US Presidential Election global financial market impact!
In the 2020 US presidential election, developments are likely to be even more surprising than the 2016 race and the impact on financial markets will be just as unexpected.
In 2016, the presidential election race took place between Donald Trump and Mrs. Hilary Clinton. It was a race filled with surprises. For example, before the official election day, according to surveys, candidate Hilary Clinton was ahead of Donald Trump, the current US President.
Meanwhile, the global financial market also has disturbing factors and impacts on the US presidential race. For example, the price of gold at that time was almost flat and the USD rose. But at the decisive moment, when Mr. Trump became the one to turn the tables, lead Mrs. Hilary Clinton and win, the financial markets also changed almost 180 degrees.
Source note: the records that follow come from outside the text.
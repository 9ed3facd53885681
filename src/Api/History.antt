-- ===== src/Api/History.antt =====
-- A database over its life: the tables that the migration of a new file leaves, and the
-- operations that processes commit on them one after the other.
use tree_ring_memory.Prelude.{
  ℕ, String, ◌≡◌, refl, Bool, Option, none, List, [], ◌∷◌, arith, filter, ok,
}
use tree_ring_memory.Event.{MemoryEvent}
use tree_ring_memory.Externals.{Externals}
use tree_ring_memory.Store.{Store, unrestricted, rows_of, find_memory, fts_of}
use tree_ring_memory.Policy.{WriteContext}
use tree_ring_memory.Maintenance.{MaintenanceRequest}
use tree_ring_memory.Api.{put, get, put_idempotent, supersede, delete, redact, change_ring}
use tree_ring_memory.Api.Admin.{
  enable_coordinated_policy, rotate_coordinator_capability, disable_coordinated_policy,
}
use tree_ring_memory.Api.Batch.{import_events, put_many_with_dox_guard}
use tree_ring_memory.Api.Maintain.{maintain}
use tree_ring_memory.Api.Invariant.Rows.{select-find}
use tree_ring_memory.Api.Invariant.Steps.{IsConsistent}
use tree_ring_memory.Api.Invariant.Single.{
  put_operation-IsConsistent, idempotent-IsConsistent, supersede_operation-IsConsistent,
  delete_operation-IsConsistent, redact_operation-IsConsistent, ring-IsConsistent,
}
use tree_ring_memory.Api.Invariant.Many.{many-IsConsistent, import-IsConsistent}
use tree_ring_memory.Api.Invariant.Policies.{
  same-IsConsistent, enable-SameMemories, rotate-SameMemories, disable-SameMemories,
}
use tree_ring_memory.Consolidation.{ConsolidationRequest}
use tree_ring_memory.Api.Consolidate.{consolidate}
use tree_ring_memory.Api.Invariant.Consolidated.{consolidate-IsConsistent}
use tree_ring_memory.Api.Invariant.Maintained.{maintain-IsConsistent}

-- What `migrate` and `create_policy_schema` leave in a new file.
unfoldable pub migrated : String → Store
migrated now = record {
  memories = [];
  fts = [];
  claims = [];
  tombstones = [];
  policy = record {
    mode = unrestricted;
    capability_hash = none;
    coordinator_label = none;
    enabled_at = none;
    updated_at = now;
  };
  authorization_audit = [];
  consolidations = [];
}

-- A call of an operation that writes, with its arguments; the time is what `now_iso` returned.
pub data Operation : Type 0 where
  call_put call_put_idempotent : String → WriteContext → MemoryEvent → Operation
  call_put_many : String → WriteContext → List MemoryEvent → Option Bool → Operation
  call_supersede : String → WriteContext → String → String → Operation
  call_delete call_redact : String → WriteContext → String → Operation
  call_change_ring : String → WriteContext → String → String → String → Operation
  call_import : String → WriteContext → List MemoryEvent → Bool → Bool → Operation
  call_maintain : String → WriteContext → MaintenanceRequest → ℕ → String → Operation
  call_enable call_rotate : String → WriteContext → Option String → String → Operation
  call_disable : String → WriteContext → Operation
  call_consolidate :
      String → WriteContext → (ℕ → String × String) → String → ℕ → ConsolidationRequest → Operation

module _ (env : Externals) where
  -- The tables after a call, whether it succeeds or fails.
  unfoldable pub commit : Operation → Store → Store
  commit (call_put now c e) s = (put env now c e s).0
  commit (call_put_idempotent now c e) s = (put_idempotent env now c e s).0
  commit (call_put_many now c es guard) s = (put_many_with_dox_guard env now c es guard s).0
  commit (call_supersede now c old_id new_id) s = (supersede env now c old_id new_id s).0
  commit (call_delete now c id) s = (delete env now c id s).0
  commit (call_redact now c id) s = (redact env now c id s).0
  commit (call_change_ring now c id ring event_type) s =
      (change_ring env now c id ring event_type s).0
  commit (call_import now c es dry replace) s = (import_events env now c es dry replace s).0
  commit (call_maintain now c request instant id) s = (maintain env now c request instant id s).0
  commit (call_enable now c label capability) s =
      (enable_coordinated_policy env now c label capability s).0
  commit (call_rotate now c label capability) s =
      (rotate_coordinator_capability env now c label capability s).0
  commit (call_disable now c) s = (disable_coordinated_policy env now c s).0
  commit (call_consolidate now c made id instant request) s =
      (consolidate env now c made id instant request s).0

  unfoldable pub run : List Operation → Store → Store
  run [] s = s
  run (o ∷ os) s = run os (commit o s)

  migrated-IsConsistent : (now : String) → IsConsistent env (migrated now)
  unfolding migrated find_memory rows_of fts_of filter
  migrated-IsConsistent now = record {
    unique = λ id. omega arith;
    synced = λ id. refl;
    rows = λ id e h. cc;
  }

  pub commit-IsConsistent :
      (o : Operation) (s : Store) → IsConsistent env s → IsConsistent env (commit o s)
  unfolding commit
  commit-IsConsistent (call_put now k e) s c = put_operation-IsConsistent env now k e s c
  commit-IsConsistent (call_put_idempotent now k e) s c = idempotent-IsConsistent env now k e s c
  commit-IsConsistent (call_put_many now k es guard) s c = many-IsConsistent env now k es guard s c
  commit-IsConsistent (call_supersede now k old_id new_id) s c =
      supersede_operation-IsConsistent env now k old_id new_id s c
  commit-IsConsistent (call_delete now k id) s c = delete_operation-IsConsistent env now k id s c
  commit-IsConsistent (call_redact now k id) s c = redact_operation-IsConsistent env now k id s c
  commit-IsConsistent (call_change_ring now k id ring event_type) s c =
      ring-IsConsistent env now k id ring event_type s c
  commit-IsConsistent (call_import now k es dry replace) s c =
      import-IsConsistent env now k es dry replace s c
  commit-IsConsistent (call_maintain now k request instant id) s c =
      maintain-IsConsistent env now k request instant id s c
  commit-IsConsistent (call_enable now k label capability) s c =
      same-IsConsistent env (enable-SameMemories env now k label capability s) c
  commit-IsConsistent (call_rotate now k label capability) s c =
      same-IsConsistent env (rotate-SameMemories env now k label capability s) c
  commit-IsConsistent (call_disable now k) s c =
      same-IsConsistent env (disable-SameMemories env now k s) c
  commit-IsConsistent (call_consolidate now k made id instant request) s c =
      consolidate-IsConsistent env now k made id instant request s c

  pub run-IsConsistent :
      (os : List Operation) (s : Store) → IsConsistent env s → IsConsistent env (run os s)
  unfolding run
  run-IsConsistent [] s c = c
  run-IsConsistent (o ∷ os) s c = run-IsConsistent os (commit o s) (commit-IsConsistent o s c)

  -- Whatever operations of `Operation` are called on a new database, in whatever order and with
  -- whatever arguments, contexts and results: its ids are unique, the search index has exactly the
  -- entry of each row, and each row passes `validate`, holds no text that looks like a secret, and
  -- holds nothing that redaction removes if its id is tombstoned.
  pub history-IsConsistent :
      (now : String) (os : List Operation) → IsConsistent env (run os (migrated now))
  history-IsConsistent now os = run-IsConsistent os (migrated now) (migrated-IsConsistent now)

  -- Whatever operations of `Operation` were called on a new database, `get` succeeds for every id
  -- and returns the row of that id as it stands in the tables.
  pub history-get :
      (now : String) (os : List Operation) (id : String)
      → get env (run os (migrated now)) id ≡ ok (find_memory id (run os (migrated now)).memories)
  unfolding get
  history-get now os id = select-find env (run os (migrated now)) id (history-IsConsistent now os)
Asian time, US stocks closed and only the derivatives market continued to trade, Dow Jones, Nasdaq and S&P 500 fell sharply on futures index. Then, as soon as the session reopened in Asian time – the day President Trump took office, US stocks fell at the beginning of the hour and then rebounded sharply at the end of the session, surpassing the peak set up earlier.
Which means, contrary to previous comments, if Mr. Trump was elected again, the financial market volatility surrounding the US presidential election, will be even more surprising.
This year, the S&P 500 and Nasdaq surpassed COVID-19 and set the records of all-time, especially the remarkable growth of technology stocks leading the markets. In particular, shares of Tesla of billionaire Elon Musk, have increased 10 times, compared to 2019.
These factors resonating with the results of the race for the US presidential election, will bring total surprises to the US financial market in particular and the global financial market in general.